(552a) Large Eddy Simulation of Axial Pulverized Coal Flames in O2/CO2 Environments

Oxy-coal combustion, in which an O2/CO2 mixture replaces air, is one of the few possible capture technologies to enable CO2 sequestration for existing coal-fired boilers. Burning coal with relatively pure oxygen, together with recycled flue gases, can produce a highly concentrated (up to 95% CO2) flue gas stream, which makes carbon sequestration more economical. One issue of interest in rapidly implementing a strategy to retrofit existing air-fired burners is to understand how replacing air by a O2/CO2 mixture affects the kinetics, aerodynamics and flame ignition in the near burner region.
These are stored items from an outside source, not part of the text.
-- ===== src/Voice/Jitter/Stall.antt =====
-- What a lost packet does to playback (crates/rekindle-voice/src/jitter.rs).
use rekindle.Base.{
  ℕ, ◌+◌, ◌≤◌, ◌<◌, ◌^◌, ltb, Bool, true, false, List, [], ◌∷◌, Option, none, ◌≡◌, refl, ◌∙◌, arith,
  length, All, Bool-cases, inl, inr,
}
use rekindle.Base.Ordered.{
  insert, From, IsAscending, From-weaken, All-insert, IsAscending-insert, lookup-above,
}
use rekindle.Voice.Jitter.{
  VoicePacket, JitterBuffer, trim, accept, push, pop, next, is_late, or_now,
}
use rekindle.Voice.Jitter.WellFormed.{
  Keyed, IsWellFormed, take_next-none, pop-playing, accept-IsWellFormed,
}
use rekindle.Voice.Jitter.Playback.{Event, arrives, plays, run, IsShort}

abbrev pub Below : ℕ → List (ℕ × VoicePacket) → Type 0
Below n = All λ (e : ℕ × VoicePacket). e.0 + 1 ≤ n

-- The packets to come have rising sequence numbers, from n.
abbrev pub IsUpcoming : ℕ → List Event → Type 0
IsUpcoming n [] = Unit
IsUpcoming n (arrives now packet ∷ es) = (n ≤ packet.sequence) × IsUpcoming (packet.sequence + 1) es
IsUpcoming n (plays now ∷ es) = IsUpcoming n es

-- The expected packet is missing: those in the buffer are later ones, and all are before n.
pub record IsStalled (n : ℕ) (jb : JitterBuffer) : Type 0 where
  pub playing : jb.initial_fill_done ≡ true
  pub sound : IsWellFormed jb
  pub missing : From (jb.next_playback_seq + 1) jb.buffer
  pub below : Below n jb.buffer
  pub expected : jb.next_playback_seq + 1 ≤ n

Below-weaken : (a b : ℕ) (m : List (ℕ × VoicePacket)) → a ≤ b → Below a m → Below b m
Below-weaken a b [] h f = tt
Below-weaken a b (e ∷ m) h f = (omega (arith, f.0), Below-weaken a b m h f.1)

trim_stall :
    (n limit : ℕ) (buffer : List (ℕ × VoicePacket)) (seq : ℕ)
    → IsAscending buffer
    → All Keyed buffer
    → From (seq + 1) buffer
    → Below n buffer
    → seq + 1 ≤ n
    → From ((trim true limit buffer seq).1 + 1) (trim true limit buffer seq).0
      × Below n (trim true limit buffer seq).0
      × ((trim true limit buffer seq).1 + 1 ≤ n)
unfolding trim
trim_stall n limit [] seq a k f b e = (tt, tt, e)
trim_stall n limit ((j, p) ∷ buffer) seq a k f b e =
    elim (Bool-cases (ltb limit (length ((j, p) ∷ buffer)))) [
      | inl h ↦ rw h (
          trim_stall n limit buffer (next seq) a.1 k.1
            (From-weaken (next seq + 1) (j + 1) buffer (omega (arith, f.0, k.0.1)) a.0) b.1
            (omega (arith, f.0, b.0, k.0.1)))
      | inr h ↦ rw h (f, b, e)
    ]

trim_done :
    (done : Bool) (n limit : ℕ) (buffer : List (ℕ × VoicePacket)) (seq : ℕ)
    → done ≡ true
    → IsAscending buffer
    → All Keyed buffer
    → From (seq + 1) buffer
    → Below n buffer
    → seq + 1 ≤ n
    → From ((trim done limit buffer seq).1 + 1) (trim done limit buffer seq).0
      × Below n (trim done limit buffer seq).0
      × ((trim done limit buffer seq).1 + 1 ≤ n)
trim_done true n limit buffer seq d a k f b e = trim_stall n limit buffer seq a k f b e
trim_done false n limit buffer seq d a k f b e = ground arith

accept-stall :
    (n : ℕ) (packet : VoicePacket) (jb : JitterBuffer)
    → packet.sequence + 1 < 2 ^ 32
    → n ≤ packet.sequence
    → IsStalled n jb
    → IsWellFormed (accept packet jb)
    → IsStalled (packet.sequence + 1) (accept packet jb)
unfolding accept
accept-stall n packet jb small later w sound =
    let kept =
      trim_done jb.initial_fill_done (packet.sequence + 1) jb.max_packets
        (insert packet.sequence packet jb.buffer) jb.next_playback_seq w.playing
        (IsAscending-insert packet.sequence packet jb.buffer w.sound.ascending)
        (All-insert Keyed packet.sequence packet jb.buffer (refl, small) w.sound.keyed)
        (All-insert (λ e. jb.next_playback_seq + 1 ≤ e.0) packet.sequence packet jb.buffer
          (omega (arith, w.expected)) w.missing)
        (All-insert (λ e. e.0 + 1 ≤ packet.sequence + 1) packet.sequence packet jb.buffer
          (omega arith) (Below-weaken n (packet.sequence + 1) jb.buffer (omega arith) w.below))
        (omega (arith, w.expected)) in
    record {
      playing = w.playing;
      sound = sound;
      missing = kept.0;
      below = kept.1;
      expected = kept.2;
    }

timely :
    (n : ℕ) (packet : VoicePacket) (jb : JitterBuffer)
    → n ≤ packet.sequence
    → IsStalled n jb
    → is_late packet jb ≡ false
timely n packet jb later w = ground (arith, w.expected)

push-timely :
    (now : ℕ) (packet : VoicePacket) (jb : JitterBuffer)
    → is_late packet jb ≡ false
    → push now packet jb
      ≡ accept packet (record jb { first_packet_time = or_now jb.first_packet_time now })
unfolding push
push-timely now packet jb h = rw h

timed-IsWellFormed :
    (jb : JitterBuffer) (at : Option ℕ)
    → IsWellFormed jb
    → IsWellFormed (record jb { first_packet_time = at })
timed-IsWellFormed jb at w = record {
  ascending = w.ascending;
  keyed = w.keyed;
  bounded = w.bounded;
  ahead = w.ahead;
}

push-stall :
    (n now : ℕ) (packet : VoicePacket) (jb : JitterBuffer)
    → packet.sequence + 1 < 2 ^ 32
    → n ≤ packet.sequence
    → IsStalled n jb
    → IsStalled (packet.sequence + 1) (push now packet jb)
push-stall n now packet jb small later w =
    let jb' : JitterBuffer = record jb { first_packet_time = or_now jb.first_packet_time now } in
    rw (push-timely now packet jb (timely n packet jb later w)) (
      accept-stall n packet jb' small later
        (record {
          playing = w.playing;
          sound = timed-IsWellFormed jb _ w.sound;
          missing = w.missing;
          below = w.below;
          expected = w.expected;
        })
        (accept-IsWellFormed packet jb' small (timely n packet jb later w)
          (timed-IsWellFormed jb _ w.sound)))

pop-stall : (n now : ℕ) (jb : JitterBuffer) → IsStalled n jb → pop now jb ≡ (jb, none)
pop-stall n now jb w =
    pop-playing now jb w.playing
    ∙ take_next-none jb (lookup-above jb.next_playback_seq jb.buffer w.missing)

-- Once the expected packet is lost, nothing is ever handed out again: if the packets in the buffer
-- are later ones, and the packets to come are later still and come in order, then no request for a
-- packet is answered, however many packets come. (No packet has the last number of 32 bits.)
pub loss_stalls :
    (es : List Event) (n : ℕ) (jb : JitterBuffer)
    → All IsShort es
    → IsUpcoming n es
    → IsStalled n jb
    → run es jb ≡ []
loss_stalls [] n jb short up w = refl
loss_stalls (arrives now packet ∷ es) n jb short up w =
    loss_stalls es (packet.sequence + 1) (push now packet jb) short.1 up.1
      (push-stall n now packet jb short.0 up.0 w)
loss_stalls (plays now ∷ es) n jb short up w =
    rw (pop-stall n now jb w) (loss_stalls es n jb short.1 up w)
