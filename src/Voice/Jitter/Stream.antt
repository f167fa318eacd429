-- ===== src/Voice/Jitter/Stream.antt =====
-- Playback without loss (crates/rekindle-voice/src/jitter.rs).
use rekindle.Base.{
  ℕ, ◌+◌, ◌≤◌, ◌<◌, ◌^◌, ltb, true, false, List, [], ◌∷◌, Option, some, ◌≡◌, refl, ap, ◌∙◌, arith,
  ==_iff,
}
use rekindle.Voice.Jitter.{VoicePacket, JitterBuffer, push, pop, accept, trim, next, or_now}
use rekindle.Voice.Jitter.WellFormed.{pop-playing, take_next-some}
use rekindle.Voice.Jitter.Playback.{Event, arrives, plays, run}

-- An empty buffer that waits for packet n.
abbrev pub ready : ℕ → ℕ → ℕ → Option ℕ → JitterBuffer
ready delay n limit first = record {
  buffer = [];
  target_delay_ms = delay;
  next_playback_seq = n;
  max_packets = limit;
  initial_fill_done = true;
  first_packet_time = first;
}

-- Each packet is asked for once it has come.
abbrev pub stream : ℕ → List VoicePacket → List Event
stream now [] = []
stream now (p ∷ ps) = arrives now p ∷ plays now ∷ stream now ps

-- The packets have the numbers n, n + 1 and so on, without the last one of 32 bits.
abbrev pub IsConsecutive : ℕ → List VoicePacket → Type 0
IsConsecutive n [] = Unit
IsConsecutive n (p ∷ ps) = (p.sequence ≡ n) × (n + 1 < 2 ^ 32) × IsConsecutive (n + 1) ps

not_before : (n : ℕ) → ltb n n ≡ false
not_before n = ground arith

within : (limit : ℕ) → 1 ≤ limit → ltb limit 1 ≡ false
within limit h = ground arith

counted : (n : ℕ) → n + 1 < 2 ^ 32 → next n ≡ n + 1
counted n h = omega arith

-- The buffer that holds the expected packet.
abbrev holding : ℕ → ℕ → ℕ → Option ℕ → VoicePacket → JitterBuffer
holding delay n limit first p = record (ready delay n limit first) { buffer = (n, p) ∷ [] }

pushed :
    (delay n limit now : ℕ) (first : Option ℕ) (p : VoicePacket)
    → 1 ≤ limit
    → p.sequence ≡ n
    → push now p (ready delay n limit first) ≡ holding delay n limit (or_now first now) p
unfolding push accept trim
pushed delay n limit now first p room e = rw (e, not_before n, within limit room)

popped :
    (delay n limit now : ℕ) (first : Option ℕ) (p : VoicePacket)
    → n + 1 < 2 ^ 32
    → pop now (holding delay n limit first p) ≡ (ready delay (n + 1) limit first, some p)
popped delay n limit now first p small =
    pop-playing now (holding delay n limit first p) refl
    ∙ take_next-some (holding delay n limit first p) p (rw ((==_iff n n).1 refl) refl)
    ∙ rw ((==_iff n n).1 refl, counted n small) refl

-- While packets come one after the other, each is handed out as it is asked for: a buffer that has
-- begun to play, is empty, and waits for the first of them gives back exactly these packets.
pub stream_plays :
    (ps : List VoicePacket) (delay n limit now : ℕ) (first : Option ℕ)
    → 1 ≤ limit
    → IsConsecutive n ps
    → run (stream now ps) (ready delay n limit first) ≡ ps
stream_plays [] delay n limit now first room c = refl
stream_plays (p ∷ ps) delay n limit now first room c =
    rw
      (pushed delay n limit now first p room c.0, popped delay n limit now (or_now first now) p c.1)
      (ap (λ qs. p ∷ qs) (stream_plays ps delay (n + 1) limit now (or_now first now) room c.2))
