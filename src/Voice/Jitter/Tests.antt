-- ===== src/Voice/Jitter/Tests.antt =====
-- The jitter buffer on concrete packets: packets out of order and a late one, and the theorems there.
use rekindle.Base.{ℕ, true, List, [], ◌∷◌, none, some, ◌≡◌, refl, arith, map}
use rekindle.Voice.Jitter.{
  VoicePacket, JitterBuffer, new, push, pop, trim, accept, take_next, started, is_filled,
}
use rekindle.Voice.Jitter.WellFormed.{IsWellFormed}
use rekindle.Voice.Jitter.Playback.{Event, arrives, plays, run, IsRising, floor, run-IsRising}
use rekindle.Voice.Jitter.Always.{left_by, new-IsWellFormed, left_by-new}
use rekindle.Voice.Jitter.Stream.{ready, stream, stream_plays}
use rekindle.Voice.Jitter.Stall.{IsStalled, loss_stalls}

abbrev make_packet : ℕ → VoicePacket
make_packet seq = record {
  sender_key = 0 ∷ [];
  sequence = seq;
  timestamp = seq;
  audio_data = 0 ∷ 0 ∷ [];
}

abbrev shuffled : List Event
shuffled =
    arrives 0 (make_packet 2)
    ∷ arrives 0 (make_packet 0)
    ∷ arrives 0 (make_packet 1)
    ∷ plays 0
    ∷ plays 0
    ∷ arrives 0 (make_packet 0)
    ∷ plays 0
    ∷ plays 0
    ∷ []

test_out_of_order : map (λ p. p.sequence) (run shuffled (new 0)) ≡ 0 ∷ 1 ∷ 2 ∷ []
unfolding push pop new trim accept take_next started is_filled
test_out_of_order = refl

run-IsRising_example : IsRising (floor (new 0)) (run shuffled (new 0))
run-IsRising_example =
    run-IsRising shuffled (new 0)
      (omega arith, (omega arith, (omega arith, (tt, (tt, (omega arith, (tt, (tt, tt))))))))
      (new-IsWellFormed 0)

left_by-new_example : IsWellFormed (left_by shuffled (new 40))
left_by-new_example =
    left_by-new shuffled 40
      (omega arith, (omega arith, (omega arith, (tt, (tt, (omega arith, (tt, (tt, tt))))))))

-- Number 5 is lost.
abbrev gap : JitterBuffer
gap = record {
  buffer = (6, make_packet 6) ∷ [];
  target_delay_ms = 0;
  next_playback_seq = 5;
  max_packets = 50;
  initial_fill_done = true;
  first_packet_time = some 0;
}

gap-IsStalled : IsStalled 7 gap
gap-IsStalled = record {
  playing = refl;
  sound = record {
    ascending = (tt, tt);
    keyed = ((refl, omega arith), tt);
    bounded = omega arith;
    ahead = (omega arith, tt);
  };
  missing = (omega arith, tt);
  below = (omega arith, tt);
  expected = omega arith;
}

loss_stalls_example :
    run
      (plays 20
        ∷ arrives 20 (make_packet 7)
        ∷ plays 40
        ∷ arrives 40 (make_packet 8)
        ∷ plays 60
        ∷ [])
      gap
    ≡ []
loss_stalls_example =
    loss_stalls
      (plays 20
        ∷ arrives 20 (make_packet 7)
        ∷ plays 40
        ∷ arrives 40 (make_packet 8)
        ∷ plays 60
        ∷ [])
      7 gap (tt, (omega arith, (tt, (omega arith, (tt, tt))))) (omega arith, (omega arith, tt))
      gap-IsStalled

stream_plays_example :
    run (stream 20 (make_packet 5 ∷ make_packet 6 ∷ make_packet 7 ∷ [])) (ready 40 5 50 none)
    ≡ make_packet 5 ∷ make_packet 6 ∷ make_packet 7 ∷ []
stream_plays_example =
    stream_plays (make_packet 5 ∷ make_packet 6 ∷ make_packet 7 ∷ []) 40 5 50 20 none (omega arith)
      (refl, omega arith, (refl, omega arith, (refl, omega arith, tt)))
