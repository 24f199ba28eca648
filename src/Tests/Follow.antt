-- ===== src/Tests/Follow.antt =====
-- The consumer over the network of Tests/Nodes.antt, whose latest block is number 7.
use substrate_rpc_proxy.Dto.{StoredMessage}
use substrate_rpc_proxy.Prelude.{ℕ, ◌≡◌, refl, true, [], none, some, arith}
use substrate_rpc_proxy.Rpc.Client.Connections.{
  ok, get_or_create_connection, store, connection_name,
}
use substrate_rpc_proxy.Rpc.Client.Calls.{chain_get_block}
use substrate_rpc_proxy.Consumer.{
  Consumer, Run, Verdict, included, process_round, process_loop, process_message,
}
use substrate_rpc_proxy.Consumer.Overflow.{IsExpiry, process_round-behind}
use substrate_rpc_proxy.Consumer.Progress.{
  IsBalanced, process_loop_returns, process_message-IsBalanced,
}
use substrate_rpc_proxy.Consumer.Verdicts.{Grounds, IsSettled, process_round-IsSettled}
use substrate_rpc_proxy.Tests.Nodes.{one_node, chain, reply, empty_session}

abbrev pub message : ℕ → StoredMessage
message seen = record {
  rpc_frame = record reply { raw = "{}" };
  extrinsic = record {
    payload = "0x0b";
    hash = "0x0c";
    era = "0x00";
    lifetime_in_blocks = 2;
    first_seen_block_no = seen;
  };
  contains_extrinsic = true;
}

abbrev pub consumer : Consumer
consumer = record { retry_delay = 60; in_progress = 0; try_resubmit = true }

abbrev pub start : Run ℕ
start = record { session = empty_session; acks = 0; metrics = [] }

latest : (chain_get_block one_node none "" empty_session).0 ≡ ok (chain "")
unfolding chain_get_block get_or_create_connection store connection_name
latest = refl

latest_number : (chain "").number ≡ 7
unfolding chain_get_block
latest_number = refl

included_run :
    (process_message one_node consumer (message 6) 3 start).0 ≡ some (included (chain ""))
unfolding process_message process_round store connection_name
included_run = refl

process_round-IsSettled_example :
    IsSettled one_node consumer
      (message 6)
      0
      (Grounds one_node consumer (message 6) start)
      (process_round one_node consumer (message 6) start)
process_round-IsSettled_example = process_round-IsSettled one_node consumer (message 6) start

process_message-IsBalanced_example :
    IsBalanced consumer start (process_message one_node consumer (message 6) 3 start)
process_message-IsBalanced_example =
    process_message-IsBalanced one_node consumer (message 6) 3 start

process_loop_returns_example :
    (v : Verdict) × ((process_loop one_node consumer (message 1) 2 start).0 ≡ some v)
process_loop_returns_example =
    process_loop_returns one_node consumer (message 1) 0 2 start (omega arith)
      (chain "", latest, omega (arith, latest_number))

process_round-behind_example :
    IsExpiry one_node consumer
      (message 10)
      start
      (chain "")
      (process_round one_node consumer (message 10) start)
process_round-behind_example =
    process_round-behind one_node consumer (message 10) start (chain "") latest (omega arith)
      (omega (arith, latest_number)) (omega (arith, latest_number))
This study presents Large Eddy Simulations (LES) potential to predict oxy-coal flame characteristics and to be an important tool in the retrofitting process. In a turbulent coal flame, accurate predictions of the particle size and velocity distributions are critical for predicting the flame characteristics. Stokes number analyses suggest that LES has the capabilities to resolve all the turbulent length scales affecting coal particles in a coal flame, and could therefore lead to more accurate simulations. The Direct Quadrature Method of Moments was used to track the particle phase in an Eulerian framework. Simulations results show predictions of both the gaseous and solid phase dynamics and kinetics. The effect of partial pressure of oxygen on flame stand-off distance was investigated.